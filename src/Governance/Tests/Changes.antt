-- ===== src/Governance/Tests/Changes.antt =====
-- Refused submissions, single parameter changes and tallies of x/governance on concrete data.
use volnix_protocol.Base.{◌≡◌, refl, err, ok, true, codes, [], ◌∷◌, List, pos, text_eq}
use volnix_protocol.Governance.Tests.Setup.{
  host, at_hour, genesis, submission, shorter_vote, empty_state,
}
use volnix_protocol.Governance.Types.{
  ParameterChange, Vote, yes_option, no_option, insufficient_deposit, invalid_duration,
}
use volnix_protocol.Governance.Messages.{
  MsgSubmitProposal, submit_proposal, validate_submission, check_deposit, check_changes,
}
use volnix_protocol.Governance.Parameters.{Applied, apply_parameter_change-Applied}
use volnix_protocol.Governance.Applier.{
  apply_parameter_change, apply_governance_parameter_change, updated_governance, stored_governance,
}
use volnix_protocol.Governance.Whitelist.{is_governable-eq-listed, is_found}
use volnix_protocol.Governance.Governable.{
  is_governable, is_listed, governable_parameters, get_governable_parameter, contains,
}
use volnix_protocol.Governance.Keeper.{
  count_votes, no_tally, get_next_proposal_id, set_next_proposal_id, set_proposal,
}
use volnix_protocol.Governance.Tally.{totals_of, count_votes-eq-totals_of}
use volnix_protocol.Governance.Genesis.{init_genesis, genesis_params}
use volnix_protocol.Strconv.{parse_uint}

abbrev poor_submission : MsgSubmitProposal
poor_submission = record submission { deposit = codes "999999" }

poor_refused : (submit_proposal (at_hour 0) poor_submission genesis).0 ≡ err insufficient_deposit
unfolding genesis submit_proposal init_genesis genesis_params stored_governance set_next_proposal_id
    get_next_proposal_id validate_submission check_deposit check_changes parse_uint set_proposal
poor_refused = refl

change_accepted : (apply_parameter_change host shorter_vote empty_state).0 ≡ ok tt
unfolding apply_parameter_change is_governable contains is_listed text_eq
    apply_governance_parameter_change updated_governance stored_governance
change_accepted = refl

apply_parameter_change-Applied_example :
    (is_governable shorter_vote.module_name shorter_vote.parameter ≡ true)
    × Applied host shorter_vote empty_state (apply_parameter_change host shorter_vote empty_state).1
apply_parameter_change-Applied_example =
    apply_parameter_change-Applied host shorter_vote empty_state change_accepted

abbrev vague_vote : ParameterChange
vague_vote = record shorter_vote { new_value = codes "soon" }

vague_refused : (apply_parameter_change host vague_vote empty_state).0 ≡ err invalid_duration
unfolding apply_parameter_change is_governable contains is_listed text_eq
    apply_governance_parameter_change updated_governance stored_governance
vague_refused = refl

vague_governable : is_governable vague_vote.module_name vague_vote.parameter ≡ true
unfolding is_governable contains is_listed text_eq
vague_governable = refl

is_governable-eq-listed_example :
    (is_governable (codes "governance") (codes "quorum")
      ≡ is_listed governable_parameters (codes "governance") (codes "quorum"))
    × (is_governable (codes "governance") (codes "quorum")
        ≡ is_found (get_governable_parameter (codes "governance") (codes "quorum")))
is_governable-eq-listed_example = is_governable-eq-listed (codes "governance") (codes "quorum")

abbrev two_ballots : List Vote
two_ballots =
    record {
      proposal_id = 1;
      voter = codes "bob";
      option = yes_option;
      voting_power = codes "70";
      vote_time = pos 0;
    }
    ∷ record {
      proposal_id = 1;
      voter = codes "carol";
      option = no_option;
      voting_power = codes "30";
      vote_time = pos 0;
    }
    ∷ []

count_votes-eq-totals_of_example : count_votes two_ballots no_tally ≡ totals_of two_ballots
count_votes-eq-totals_of_example = count_votes-eq-totals_of two_ballots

---+---

From the entries above, copy each line holding "host".

#### Exercise result
  host, at_hour, genesis, submission, shorter_vote, empty_state,
change_accepted : (apply_parameter_change host shorter_vote empty_state).0 ≡ ok tt
    × Applied host shorter_vote empty_state (apply_parameter_change host shorter_vote empty_state).1
    apply_parameter_change-Applied host shorter_vote empty_state change_accepted
vague_refused : (apply_parameter_change host vague_vote empty_state).0 ≡ err invalid_duration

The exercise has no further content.